**DESCRIPTION OF THE TASK**
Where in the data does the word "measures" appear? Find those lines and copy them.

[Start of Attachment]

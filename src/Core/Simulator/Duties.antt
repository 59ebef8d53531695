-- ===== src/Core/Simulator/Duties.antt =====
-- `update_tasks` of core/src/simulator.cpp: deadlines, service and completion. The tick is the one after
-- the actions. A sum of two `std::int64_t` is taken to fit 64 bits.
pub mod Phases
use sentinel_public.Prelude.{
  ℕ, ◌+◌, Bool, true, false, not, ◌&&◌, ◌||◌, List, [], ◌∷◌, Option, none, some, ltb, leb, ◌==◌,
  if◌then◌else◌, Except, ok, ◌>>=◌,
}
use sentinel_public.Prelude.Int.{ℤ, pos, ◌+ℤ◌, ◌-ℤ◌, quot, abs, ltb_ℤ, leb_ℤ}
use sentinel_public.Prelude.Text.{Text, is_empty}
use sentinel_public.Prelude.Keyed.{find_key, put_key}
use sentinel_public.Prelude.Word.{add64}
use sentinel_public.Protocol.Messages.{Capability, delivery, completed, missed}
use sentinel_public.Protocol.Actions.{TaskReportKind, working, TaskReport, Envelope, ActionBatch}
use sentinel_public.Core.Hash.{to_unsigned}
use sentinel_public.Core.Simulator.State.{
  Vehicle, Task, Simulator, vehicle_id, vehicle, has_capability, is_open_task, begin_convergence,
}
use sentinel_public.Core.Simulator.Counters.{record_energy_invariant}

unfoldable pub is_delivery : Capability → Bool
is_delivery delivery = true
is_delivery _ = false

unfoldable pub is_working : TaskReportKind → Bool
is_working working = true
is_working _ = false

-- The distance along the axes from the vehicle to the task.
unfoldable pub distance_to : Vehicle → Task → ℤ
unfolding abs ◌+ℤ◌ ◌-ℤ◌
distance_to assigned current =
    abs (assigned.x_mm -ℤ current.spec.target.x_mm)
    +ℤ abs (assigned.y_mm -ℤ current.spec.target.y_mm)

unfoldable pub is_capable : Vehicle → Task → Bool
unfolding has_capability
is_capable assigned current =
    assigned.active
    && (has_capability assigned current.spec.required_capability
        && leb_ℤ current.spec.payload_required_grams assigned.payload_grams)

abbrev pub is_work : Option TaskReport → Bool
is_work none = false
is_work (some report) = is_working report.kind

abbrev pub works_on : Option Envelope → Text → Bool
works_on none id = false
works_on (some envelope) id = is_work (find_key (λ r. r.task_id) envelope.action.task_reports id)

-- Whether the task's owner reports that it works on it, `working`.
unfoldable pub reports_work : ActionBatch → Task → Bool
unfolding find_key is_working
reports_work actions current =
    works_on (find_key (λ e. e.sender_id) actions.actions current.assigned_agent_id) current.spec.id

-- What the loop carries from task to task.
pub record Service : Type 0 where
  pub simulator : Simulator
  pub eligible_changed : Bool

abbrev pub changed : Service → Service
changed r = record r { eligible_changed = true }

abbrev pub assign_vehicle : Service → Vehicle → Service
assign_vehicle r assigned = record r {
  simulator = record r.simulator { vehicles = put_key vehicle_id r.simulator.vehicles assigned };
}

-- A delivered payload leaves the vehicle.
unfoldable pub unload : Task → Vehicle → Vehicle
unfolding is_delivery ◌-ℤ◌
unload current assigned =
    if is_delivery current.spec.required_capability
    then record assigned {
      payload_grams = assigned.payload_grams -ℤ current.spec.payload_required_grams;
    }
    else assigned

abbrev pub complete_at : ℕ → Task → Task
complete_at tick current = record current { status = completed; completion_tick = tick }

abbrev pub restarted : Task → Task
restarted current = record current { progress_ticks = 0 }

-- A task that is completed by arrival.
unfoldable pub arrive_at : Service → Vehicle → Task → Service × Task
unfolding is_capable distance_to unload put_key
arrive_at r assigned current =
    if is_capable assigned current
      && leb_ℤ (distance_to assigned current) current.spec.completion_radius_mm
    then (
      assign_vehicle (changed r) (unload current assigned),
      complete_at r.simulator.tick current,
    )
    else (r, current)

-- Whether the vehicle can serve the task in this tick.
unfoldable pub can_serve : ActionBatch → Vehicle → Task → Bool
unfolding is_capable distance_to reports_work quot ◌+ℤ◌
can_serve actions assigned current =
    let reserve = quot (assigned.spec.initial_energy_mj +ℤ pos 9) (pos 10) in
    not (
      not (is_capable assigned current)
      || (ltb_ℤ current.spec.completion_radius_mm (distance_to assigned current)
          || (not (reports_work actions current)
              || ltb_ℤ assigned.energy_mj (current.spec.service_energy_mj_per_tick +ℤ reserve))))

-- The energy of a tick's service, paid.
unfoldable pub pay : Service → Vehicle → ℤ → Service
unfolding record_energy_invariant to_unsigned
pay r assigned cost =
    let s = record_energy_invariant r.simulator assigned in
    record r {
      simulator = record s {
        measures = record s.measures {
          energy_consumed_mj = add64 s.measures.energy_consumed_mj (to_unsigned cost);
        };
      };
    }

abbrev pub tired_by : Vehicle → ℤ → Vehicle
tired_by assigned cost = record assigned { energy_mj = assigned.energy_mj -ℤ cost }

-- A tick of service.
unfoldable pub serve_task : ActionBatch → Service → Vehicle → Task → Service × Task
unfolding can_serve pay unload put_key ◌-ℤ◌
serve_task actions r assigned current =
    let cost = current.spec.service_energy_mj_per_tick in
    let tired = tired_by assigned cost in
    let served = record current { progress_ticks = add64 current.progress_ticks 1 } in
    let paid = pay r tired cost in
    if not (can_serve actions assigned current)
    then (r, restarted current)
    else if leb current.spec.service_ticks served.progress_ticks
    then (assign_vehicle (changed paid) (unload current tired), complete_at r.simulator.tick served)
    else (assign_vehicle paid tired, served)

unfoldable pub update_task : ActionBatch → Service → Task → Except (Service × Task)
unfolding vehicle arrive_at serve_task
update_task actions r current =
    if not (is_open_task current)
    then ok (r, current)
    else if ltb current.spec.deadline_tick r.simulator.tick
    then ok (changed r, record current { status = missed; progress_ticks = 0 })
    else if is_empty current.assigned_agent_id
    then ok (r, current)
    else do
      assigned ← vehicle r.simulator current.assigned_agent_id
      if current.spec.service_ticks == 0
          then ok (arrive_at r assigned current)
          else ok (serve_task actions r assigned current)

unfoldable pub update_each : ActionBatch → Service → List Task → Except (Service × List Task)
unfolding update_task
update_each actions r [] = ok (r, [])
update_each actions r (t ∷ ts) = do
  a ← update_task actions r t
  rest ← update_each actions a.0 ts
  ok (rest.0, a.1 ∷ rest.1)

unfoldable pub update_tasks : Simulator → ActionBatch → Except Simulator
unfolding update_each
update_tasks s actions = do
  r ← update_each actions (record { simulator = s; eligible_changed = false }) s.tasks
  let s' = record r.0.simulator { tasks = r.1 }
  ok (if r.0.eligible_changed then begin_convergence s' else s')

[End of Attachment]

**FINISHED EXERCISE**
        measures = record s.measures {
          energy_consumed_mj = add64 s.measures.energy_consumed_mj (to_unsigned cost);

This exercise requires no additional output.